Stored data entries:
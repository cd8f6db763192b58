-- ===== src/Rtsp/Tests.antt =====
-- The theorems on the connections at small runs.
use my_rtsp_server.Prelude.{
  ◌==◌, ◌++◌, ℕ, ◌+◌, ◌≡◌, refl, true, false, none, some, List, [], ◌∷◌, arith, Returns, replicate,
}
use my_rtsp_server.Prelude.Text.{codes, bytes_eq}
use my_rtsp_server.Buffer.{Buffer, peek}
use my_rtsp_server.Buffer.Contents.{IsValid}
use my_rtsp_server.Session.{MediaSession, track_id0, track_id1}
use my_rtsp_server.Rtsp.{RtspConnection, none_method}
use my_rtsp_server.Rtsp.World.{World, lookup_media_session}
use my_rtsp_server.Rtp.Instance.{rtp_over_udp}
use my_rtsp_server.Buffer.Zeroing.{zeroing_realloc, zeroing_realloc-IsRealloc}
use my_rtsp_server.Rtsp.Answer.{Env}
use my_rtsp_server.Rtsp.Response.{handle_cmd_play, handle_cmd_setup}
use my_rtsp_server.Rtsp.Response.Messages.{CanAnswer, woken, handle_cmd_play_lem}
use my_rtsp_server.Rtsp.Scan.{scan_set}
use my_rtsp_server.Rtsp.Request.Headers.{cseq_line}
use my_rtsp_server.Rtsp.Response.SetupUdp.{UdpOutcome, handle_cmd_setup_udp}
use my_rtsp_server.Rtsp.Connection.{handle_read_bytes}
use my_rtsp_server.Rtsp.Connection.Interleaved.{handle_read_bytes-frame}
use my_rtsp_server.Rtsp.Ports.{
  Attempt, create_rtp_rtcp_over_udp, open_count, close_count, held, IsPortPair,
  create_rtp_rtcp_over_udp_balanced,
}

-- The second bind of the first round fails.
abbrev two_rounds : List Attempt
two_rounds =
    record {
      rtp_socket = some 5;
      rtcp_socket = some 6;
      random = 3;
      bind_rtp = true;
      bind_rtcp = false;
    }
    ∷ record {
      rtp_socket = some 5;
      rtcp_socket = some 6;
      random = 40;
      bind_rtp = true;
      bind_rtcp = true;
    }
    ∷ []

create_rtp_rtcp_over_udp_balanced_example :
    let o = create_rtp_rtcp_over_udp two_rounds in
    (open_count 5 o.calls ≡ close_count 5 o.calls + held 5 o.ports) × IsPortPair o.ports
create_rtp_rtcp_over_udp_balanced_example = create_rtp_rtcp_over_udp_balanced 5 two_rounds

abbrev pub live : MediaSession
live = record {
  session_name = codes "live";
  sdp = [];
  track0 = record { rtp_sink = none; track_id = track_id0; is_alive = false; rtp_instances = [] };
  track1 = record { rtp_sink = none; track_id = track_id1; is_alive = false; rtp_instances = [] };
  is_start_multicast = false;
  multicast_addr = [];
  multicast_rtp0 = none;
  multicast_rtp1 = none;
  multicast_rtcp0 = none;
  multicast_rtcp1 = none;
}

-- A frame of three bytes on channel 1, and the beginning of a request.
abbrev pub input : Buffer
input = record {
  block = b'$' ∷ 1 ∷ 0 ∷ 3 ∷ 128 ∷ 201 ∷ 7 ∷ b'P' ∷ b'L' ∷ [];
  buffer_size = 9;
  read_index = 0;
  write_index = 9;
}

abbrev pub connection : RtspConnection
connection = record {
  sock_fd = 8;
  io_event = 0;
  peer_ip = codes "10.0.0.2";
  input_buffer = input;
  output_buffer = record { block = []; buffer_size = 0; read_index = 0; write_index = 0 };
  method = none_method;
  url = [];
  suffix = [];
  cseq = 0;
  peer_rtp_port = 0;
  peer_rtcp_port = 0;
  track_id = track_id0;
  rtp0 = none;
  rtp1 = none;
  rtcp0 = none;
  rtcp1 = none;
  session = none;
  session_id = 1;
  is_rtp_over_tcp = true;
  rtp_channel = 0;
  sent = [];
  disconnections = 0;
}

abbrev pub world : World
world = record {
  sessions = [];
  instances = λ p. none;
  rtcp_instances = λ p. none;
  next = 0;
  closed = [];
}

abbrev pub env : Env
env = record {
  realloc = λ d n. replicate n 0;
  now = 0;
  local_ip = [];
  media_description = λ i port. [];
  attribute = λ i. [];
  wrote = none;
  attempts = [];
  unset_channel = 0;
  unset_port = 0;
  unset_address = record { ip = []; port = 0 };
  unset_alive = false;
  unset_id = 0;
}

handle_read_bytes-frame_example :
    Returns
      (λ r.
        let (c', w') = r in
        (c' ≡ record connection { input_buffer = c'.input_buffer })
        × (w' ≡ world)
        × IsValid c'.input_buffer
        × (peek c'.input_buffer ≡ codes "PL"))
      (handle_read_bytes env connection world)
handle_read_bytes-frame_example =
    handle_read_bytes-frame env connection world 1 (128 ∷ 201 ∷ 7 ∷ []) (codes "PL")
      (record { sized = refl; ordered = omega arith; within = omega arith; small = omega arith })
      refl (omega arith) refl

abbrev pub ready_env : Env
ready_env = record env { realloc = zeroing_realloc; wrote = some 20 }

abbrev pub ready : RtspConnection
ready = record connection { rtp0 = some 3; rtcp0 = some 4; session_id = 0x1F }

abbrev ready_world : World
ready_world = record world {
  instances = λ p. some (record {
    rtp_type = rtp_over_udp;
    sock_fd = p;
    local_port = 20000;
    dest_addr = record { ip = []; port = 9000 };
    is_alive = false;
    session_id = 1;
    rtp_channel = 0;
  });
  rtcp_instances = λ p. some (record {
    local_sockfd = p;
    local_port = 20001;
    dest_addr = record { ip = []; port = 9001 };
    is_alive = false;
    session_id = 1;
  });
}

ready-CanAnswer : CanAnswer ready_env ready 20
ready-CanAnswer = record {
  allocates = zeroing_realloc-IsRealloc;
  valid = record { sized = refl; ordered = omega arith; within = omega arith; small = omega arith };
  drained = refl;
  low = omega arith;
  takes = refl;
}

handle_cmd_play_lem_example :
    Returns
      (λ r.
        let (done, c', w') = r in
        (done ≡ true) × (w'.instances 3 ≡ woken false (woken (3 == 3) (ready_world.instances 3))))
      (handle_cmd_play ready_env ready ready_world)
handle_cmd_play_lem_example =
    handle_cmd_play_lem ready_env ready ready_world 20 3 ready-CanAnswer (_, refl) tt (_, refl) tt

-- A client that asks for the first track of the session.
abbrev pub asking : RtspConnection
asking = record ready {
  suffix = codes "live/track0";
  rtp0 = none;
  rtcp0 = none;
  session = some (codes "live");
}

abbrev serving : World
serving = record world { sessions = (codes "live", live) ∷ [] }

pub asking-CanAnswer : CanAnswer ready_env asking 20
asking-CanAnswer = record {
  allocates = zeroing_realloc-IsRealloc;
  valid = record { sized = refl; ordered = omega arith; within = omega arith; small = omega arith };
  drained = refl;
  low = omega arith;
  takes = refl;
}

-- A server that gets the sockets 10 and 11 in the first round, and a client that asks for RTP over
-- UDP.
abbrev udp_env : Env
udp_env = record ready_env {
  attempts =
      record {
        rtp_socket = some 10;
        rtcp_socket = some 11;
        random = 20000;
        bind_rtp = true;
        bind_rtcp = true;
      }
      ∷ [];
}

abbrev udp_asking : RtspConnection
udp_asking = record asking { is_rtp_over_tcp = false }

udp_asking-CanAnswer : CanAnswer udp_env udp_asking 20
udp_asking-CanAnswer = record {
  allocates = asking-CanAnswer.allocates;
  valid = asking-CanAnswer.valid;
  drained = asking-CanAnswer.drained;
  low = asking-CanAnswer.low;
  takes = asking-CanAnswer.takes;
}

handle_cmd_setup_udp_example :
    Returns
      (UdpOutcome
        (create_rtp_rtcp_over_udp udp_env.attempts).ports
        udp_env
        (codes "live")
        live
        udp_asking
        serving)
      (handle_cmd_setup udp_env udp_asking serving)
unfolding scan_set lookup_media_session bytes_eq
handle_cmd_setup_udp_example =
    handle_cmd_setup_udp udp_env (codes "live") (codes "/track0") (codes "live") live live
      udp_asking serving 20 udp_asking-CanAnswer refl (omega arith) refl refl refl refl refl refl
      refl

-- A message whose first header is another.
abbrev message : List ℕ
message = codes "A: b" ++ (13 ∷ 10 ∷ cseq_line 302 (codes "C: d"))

-- PROBLEM REQUIREMENTS --
Each line of the records that contains the string "held" must be copied.

-- RESPONSE FOR THIS EXERCISE --
  Attempt, create_rtp_rtcp_over_udp, open_count, close_count, held, IsPortPair,
    (open_count 5 o.calls ≡ close_count 5 o.calls + held 5 o.ports) × IsPortPair o.ports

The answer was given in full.